Uno cuando piensa en la vida eterna piensa que esto se da después de la muerte. Y si aceptamos
todo lo que las Escrituras dicen y las interpretaciones habituales, quizás hay un período
provisorio antes que se pudiera dar una situación de estas. Pero lo habitual es suponer que la vida
eterna queda en una instancia distinta que aquella que nosotros vivimos como humanos. Dice
antes, también en el Evangelio de Juan:

“…para que todo aquel que en él cree, no se pierda, mas tenga vida eterna.” (Jn 3:16)
Y otro texto, también de Juan:

“El que cree en el Hijo tiene vida eterna” (Jn 3:36)

Vuelvo al texto de esta palabra que hoy nos quiere dar el Señor. La vida eterna, ¿no será la que
hoy me propone el Señor? Si la traduce el creer, lo repito, que te conozcan a ti, que crean en ti.
Hay algo más: en la Biblia el conocer no es una relación intelectual. Cuando se formaba una
pareja decían que la consumación de la relación era el conocerse. Entonces si lo comprendemos
adecuadamente, el conocer es un vínculo de unión, de comunión. No es que uno estudie las
Escrituras o se doctore en teología. El que conoce, el que busca la comunión con el Señor, tiene
vida eterna.
La eternidad es un concepto que podemos intuir, pero quién lo puede explicar.¿No habrá una
sola vida verdadera, auténtica? Y esa es la vida verdadera a la que nos llama Dios.

Dios nos regaló un alma. Es la posibilidad de dialogar con Él, de vincularnos a Él. ¿Será alguno
de nosotros más inteligente que Dios para hacer un proyecto de vida distinto al que Él nos
propone? Si en lugar de vida eterna dijéramos simplemente “la vida” estaríamos violentando la
palabra que Dios nos da. Sólo cuando tenemos comunión con Dios la vida puede ser plena. No
después de la muerte. No en un tiempo, en un futuro indeterminado, sólo apoyado en nuestras
esperanzas. Hoy. Qué difícil es entender esto…

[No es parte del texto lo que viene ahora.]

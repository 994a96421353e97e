-- ===== src/Cube/Batch.antt =====
-- `validate_batch` against the writes themselves, made one after the other.
use epiphany.Base.{ℕ, suc, ◌≡◌, refl, sym, ◌∙◌, List, [], ◌∷◌, inl, inr}
use epiphany.Base.Result.{Result, ok, err, ◌>>=◌, ◌>>◌, Result-cases}
use epiphany.Model.{ModelError}
use epiphany.Cube.{
  Cube, check_coord, check_leaf_write, check_string_write, set_leaf, set_string, store_string,
  BatchWrite, leaf_write, string_write, check_write, at_index, validate_from, validate_batch,
}
use epiphany.Cube.Cells.{stored}

-- one write, made
abbrev pub apply_write : Cube → BatchWrite → Result ModelError Cube
apply_write cube (leaf_write coord value) = set_leaf cube coord value
apply_write cube (string_write coord value) = set_string cube coord value

-- The writes, made in order; the first one that fails ends the run with its index.
unfoldable pub apply_from : ℕ → Cube → List BatchWrite → Result (ℕ × ModelError) Cube
apply_from index cube [] = ok cube
apply_from index cube (write ∷ writes) = do
  next ← at_index index (apply_write cube write)
  apply_from (suc index) next writes

unfoldable pub apply_batch : Cube → List BatchWrite → Result (ℕ × ModelError) Cube
unfolding apply_from
apply_batch cube writes = apply_from 0 cube writes

-- the verdict, without the cube
abbrev pub verdict {ℓ} : {E : Type ℓ} → Result E Cube → Result E (Unit {0})
verdict (ok cube) = ok tt
verdict (err e) = err e

-- what a write leaves behind its check
abbrev written : Cube → BatchWrite → Cube
written cube (leaf_write coord value) = stored cube coord value
written cube (string_write coord value) = store_string cube coord value

apply_write-check_write :
    (cube : Cube) (write : BatchWrite)
    → apply_write cube write ≡ (check_write cube write >> ok (written cube write))
unfolding set_leaf set_string
apply_write-check_write cube (leaf_write coord value) = refl
apply_write-check_write cube (string_write coord value) = refl

-- A write changes no check.
check_write-written :
    (cube : Cube) (first second : BatchWrite)
    → check_write (written cube first) second ≡ check_write cube second
unfolding check_leaf_write check_string_write check_coord store_string
check_write-written cube (leaf_write a v) (leaf_write b w) = refl
check_write-written cube (leaf_write a v) (string_write b w) = refl
check_write-written cube (string_write a []) (leaf_write b w) = refl
check_write-written cube (string_write a []) (string_write b w) = refl
check_write-written cube (string_write a (c ∷ v)) (leaf_write b w) = refl
check_write-written cube (string_write a (c ∷ v)) (string_write b w) = refl

validate_from-written :
    (index : ℕ) (cube : Cube) (write : BatchWrite) (writes : List BatchWrite)
    → validate_from index (written cube write) writes ≡ validate_from index cube writes
unfolding validate_from
validate_from-written index cube write [] = refl
validate_from-written index cube write (next ∷ writes) =
    rw (check_write-written cube write next, validate_from-written (suc index) cube write writes)
      refl

validate_from-apply_from :
    (index : ℕ) (cube : Cube) (writes : List BatchWrite)
    → validate_from index cube writes ≡ verdict (apply_from index cube writes)
unfolding validate_from apply_from
validate_from-apply_from index cube [] = refl
validate_from-apply_from index cube (write ∷ writes) =
    elim (Result-cases (check_write cube write)) [
      | inl (u, e) ↦
          rw (apply_write-check_write cube write, e)
            (sym (validate_from-written (suc index) cube write writes)
              ∙ validate_from-apply_from (suc index) (written cube write) writes)
      | inr (x, e) ↦ rw (apply_write-check_write cube write, e) refl
    ]

-- `validate_batch` accepts a batch exactly when all its writes, made in order, succeed, and refuses
-- it with the index and the error of the first one that fails.
pub validate_batch-apply_batch :
    (cube : Cube) (writes : List BatchWrite)
    → validate_batch cube writes ≡ verdict (apply_batch cube writes)
unfolding validate_batch apply_batch
validate_batch-apply_batch cube writes = validate_from-apply_from 0 cube writes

Por gracia y en el Espíritu podemos aceptar (que) la vida verdadera, la vida auténtica es la que
busca la comunión con Dios. ¿Y qué pasa con la experiencia que tenemos todos los días?
Parecería que la persona que tiene fe adopta frente a la vida una actitud evasiva o tal vez
“adolescente”, inmadura, que “pinta” el mundo con colores diversos a los que la realidad refleja,
y resulta que es todo lo contrario. La fe es la que nos hace comprender la vida desde su verdadera
dimensión. Es la que nos dice las cosas como son. No para llevarnos a la depresión, sino para
llevarnos a la confianza que debemos depositar en Dios. Por eso uno busca en un Servicio
Divino, en un testimonio, en la oración, en aquellas experiencias que golpean nuestra condición
de hijos del Altísimo sobre esta realidad. Cuando la vida la comprendemos de esta manera,
entonces todo cambia. Sólo vive realmente el que busca a Dios.

Esto no lo dice la filosofía, esto no sale de un manual de psicología. Respetamos las ciencias.
Pero acá venimos a escuchar lo que Dios nos dice que somos nosotros. Y Él nos dice esto. Esta
es la vida eterna. Esta es la vida verdadera. Esta es la vida que yo propuse, que propongo y en la
que estoy dispuesto a ayudarte. Al acercarnos a Dios, entonces verdaderamente vivimos.
La resurrección de Jesús es el fundamento de nuestra esperanza. Jesús resucitó con otro cuerpo;
no es un espíritu, un fantasma. Por eso el difunto conserva la identidad. A Él lo podían
reconocer, pero con el sentir del ser interior, no con la vista. Y esto anticipa la promesa que Dios
nos hizo. Pero eso no es el Servicio Divino en ayuda para los difuntos un día de tristeza, de
nostalgia. Es un día de esperanza. El centro de la fe cristiana, la causa de nuestra presencia en la
casa de Dios es que nos volvemos a encontrar y que en Dios vivimos. Y así como regaló esa
experiencia a los antiguos testigos, se la pedimos en la fe.